Stored data entries:

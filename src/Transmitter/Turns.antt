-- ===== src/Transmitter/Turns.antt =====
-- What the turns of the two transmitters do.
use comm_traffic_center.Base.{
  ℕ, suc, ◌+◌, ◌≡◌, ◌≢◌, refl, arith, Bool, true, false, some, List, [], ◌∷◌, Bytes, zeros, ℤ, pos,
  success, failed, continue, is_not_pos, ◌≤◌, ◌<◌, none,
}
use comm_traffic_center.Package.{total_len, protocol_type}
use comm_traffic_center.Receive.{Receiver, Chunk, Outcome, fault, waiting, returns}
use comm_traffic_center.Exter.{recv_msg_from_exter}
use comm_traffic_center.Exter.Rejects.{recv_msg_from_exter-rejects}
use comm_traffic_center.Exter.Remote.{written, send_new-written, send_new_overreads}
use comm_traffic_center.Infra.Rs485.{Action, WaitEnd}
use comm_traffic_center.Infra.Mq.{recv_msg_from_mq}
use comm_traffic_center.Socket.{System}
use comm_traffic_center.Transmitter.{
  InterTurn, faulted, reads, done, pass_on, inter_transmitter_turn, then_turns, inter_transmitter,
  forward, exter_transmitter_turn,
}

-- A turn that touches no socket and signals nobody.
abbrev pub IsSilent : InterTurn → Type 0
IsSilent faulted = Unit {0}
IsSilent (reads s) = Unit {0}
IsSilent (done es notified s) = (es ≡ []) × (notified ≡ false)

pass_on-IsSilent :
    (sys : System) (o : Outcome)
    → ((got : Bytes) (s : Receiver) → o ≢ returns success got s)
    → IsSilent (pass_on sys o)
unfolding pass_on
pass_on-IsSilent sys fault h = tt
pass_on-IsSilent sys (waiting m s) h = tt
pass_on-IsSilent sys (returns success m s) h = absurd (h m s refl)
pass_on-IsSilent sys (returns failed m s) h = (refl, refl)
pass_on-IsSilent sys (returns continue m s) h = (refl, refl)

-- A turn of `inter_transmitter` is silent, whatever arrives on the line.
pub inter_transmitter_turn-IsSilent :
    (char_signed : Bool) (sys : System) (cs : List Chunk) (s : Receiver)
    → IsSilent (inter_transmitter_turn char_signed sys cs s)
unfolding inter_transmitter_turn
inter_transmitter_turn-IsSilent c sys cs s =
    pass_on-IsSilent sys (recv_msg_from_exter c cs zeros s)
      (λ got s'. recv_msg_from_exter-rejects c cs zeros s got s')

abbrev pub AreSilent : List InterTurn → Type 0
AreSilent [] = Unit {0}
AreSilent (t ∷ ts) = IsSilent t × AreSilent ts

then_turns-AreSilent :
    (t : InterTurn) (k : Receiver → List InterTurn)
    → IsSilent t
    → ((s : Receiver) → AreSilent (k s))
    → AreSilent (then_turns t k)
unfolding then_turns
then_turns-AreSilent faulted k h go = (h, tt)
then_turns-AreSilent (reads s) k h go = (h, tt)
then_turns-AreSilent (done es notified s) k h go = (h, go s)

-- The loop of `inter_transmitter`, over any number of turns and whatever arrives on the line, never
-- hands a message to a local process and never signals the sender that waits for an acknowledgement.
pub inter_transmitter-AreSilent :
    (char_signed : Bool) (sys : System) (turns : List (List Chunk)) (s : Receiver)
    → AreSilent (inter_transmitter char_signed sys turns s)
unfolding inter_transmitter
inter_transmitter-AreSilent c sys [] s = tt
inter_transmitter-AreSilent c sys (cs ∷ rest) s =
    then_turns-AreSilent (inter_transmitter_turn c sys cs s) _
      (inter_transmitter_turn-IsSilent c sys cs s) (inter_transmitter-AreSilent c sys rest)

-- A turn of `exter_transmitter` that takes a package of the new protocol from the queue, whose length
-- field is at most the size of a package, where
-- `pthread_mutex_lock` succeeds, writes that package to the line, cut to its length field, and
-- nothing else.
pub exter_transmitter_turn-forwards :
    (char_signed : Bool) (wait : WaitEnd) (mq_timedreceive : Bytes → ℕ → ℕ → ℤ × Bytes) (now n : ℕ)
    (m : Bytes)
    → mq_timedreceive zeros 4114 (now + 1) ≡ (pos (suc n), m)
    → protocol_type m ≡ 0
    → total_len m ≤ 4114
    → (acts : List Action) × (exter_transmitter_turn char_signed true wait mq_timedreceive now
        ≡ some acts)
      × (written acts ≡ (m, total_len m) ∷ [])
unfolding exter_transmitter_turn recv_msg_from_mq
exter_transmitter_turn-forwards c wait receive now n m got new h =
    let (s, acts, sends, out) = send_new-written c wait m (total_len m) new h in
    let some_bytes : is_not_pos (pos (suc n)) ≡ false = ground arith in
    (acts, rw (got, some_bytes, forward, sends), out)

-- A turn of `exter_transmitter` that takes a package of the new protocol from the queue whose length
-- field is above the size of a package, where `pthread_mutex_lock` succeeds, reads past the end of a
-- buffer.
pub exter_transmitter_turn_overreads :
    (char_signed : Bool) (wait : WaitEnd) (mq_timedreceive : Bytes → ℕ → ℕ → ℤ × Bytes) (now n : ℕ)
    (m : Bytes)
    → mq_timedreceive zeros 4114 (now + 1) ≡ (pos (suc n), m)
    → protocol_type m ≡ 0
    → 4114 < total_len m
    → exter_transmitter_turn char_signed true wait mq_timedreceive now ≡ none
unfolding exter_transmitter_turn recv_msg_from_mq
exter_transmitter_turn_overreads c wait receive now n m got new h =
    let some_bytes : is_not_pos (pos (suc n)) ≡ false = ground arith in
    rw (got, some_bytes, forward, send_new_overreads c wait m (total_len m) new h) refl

# Problem to solve:
Could you reproduce exactly the lines of the entries above, from the one with "abbrev pub IsSilent : InterTurn → Type 0" through the one with "(char_signed : Bool) (sys : System) (turns", and nothing else?

# Answer to the problem:
abbrev pub IsSilent : InterTurn → Type 0
IsSilent faulted = Unit {0}
IsSilent (reads s) = Unit {0}
IsSilent (done es notified s) = (es ≡ []) × (notified ≡ false)

pass_on-IsSilent :
    (sys : System) (o : Outcome)
    → ((got : Bytes) (s : Receiver) → o ≢ returns success got s)
    → IsSilent (pass_on sys o)
unfolding pass_on
pass_on-IsSilent sys fault h = tt
pass_on-IsSilent sys (waiting m s) h = tt
pass_on-IsSilent sys (returns success m s) h = absurd (h m s refl)
pass_on-IsSilent sys (returns failed m s) h = (refl, refl)
pass_on-IsSilent sys (returns continue m s) h = (refl, refl)

-- A turn of `inter_transmitter` is silent, whatever arrives on the line.
pub inter_transmitter_turn-IsSilent :
    (char_signed : Bool) (sys : System) (cs : List Chunk) (s : Receiver)
    → IsSilent (inter_transmitter_turn char_signed sys cs s)
unfolding inter_transmitter_turn
inter_transmitter_turn-IsSilent c sys cs s =
    pass_on-IsSilent sys (recv_msg_from_exter c cs zeros s)
      (λ got s'. recv_msg_from_exter-rejects c cs zeros s got s')

abbrev pub AreSilent : List InterTurn → Type 0
AreSilent [] = Unit {0}
AreSilent (t ∷ ts) = IsSilent t × AreSilent ts

then_turns-AreSilent :
    (t : InterTurn) (k : Receiver → List InterTurn)
    → IsSilent t
    → ((s : Receiver) → AreSilent (k s))
    → AreSilent (then_turns t k)
unfolding then_turns
then_turns-AreSilent faulted k h go = (h, tt)
then_turns-AreSilent (reads s) k h go = (h, tt)
then_turns-AreSilent (done es notified s) k h go = (h, go s)

-- The loop of `inter_transmitter`, over any number of turns and whatever arrives on the line, never
-- hands a message to a local process and never signals the sender that waits for an acknowledgement.
pub inter_transmitter-AreSilent :
    (char_signed : Bool) (sys : System) (turns : List (List Chunk)) (s : Receiver)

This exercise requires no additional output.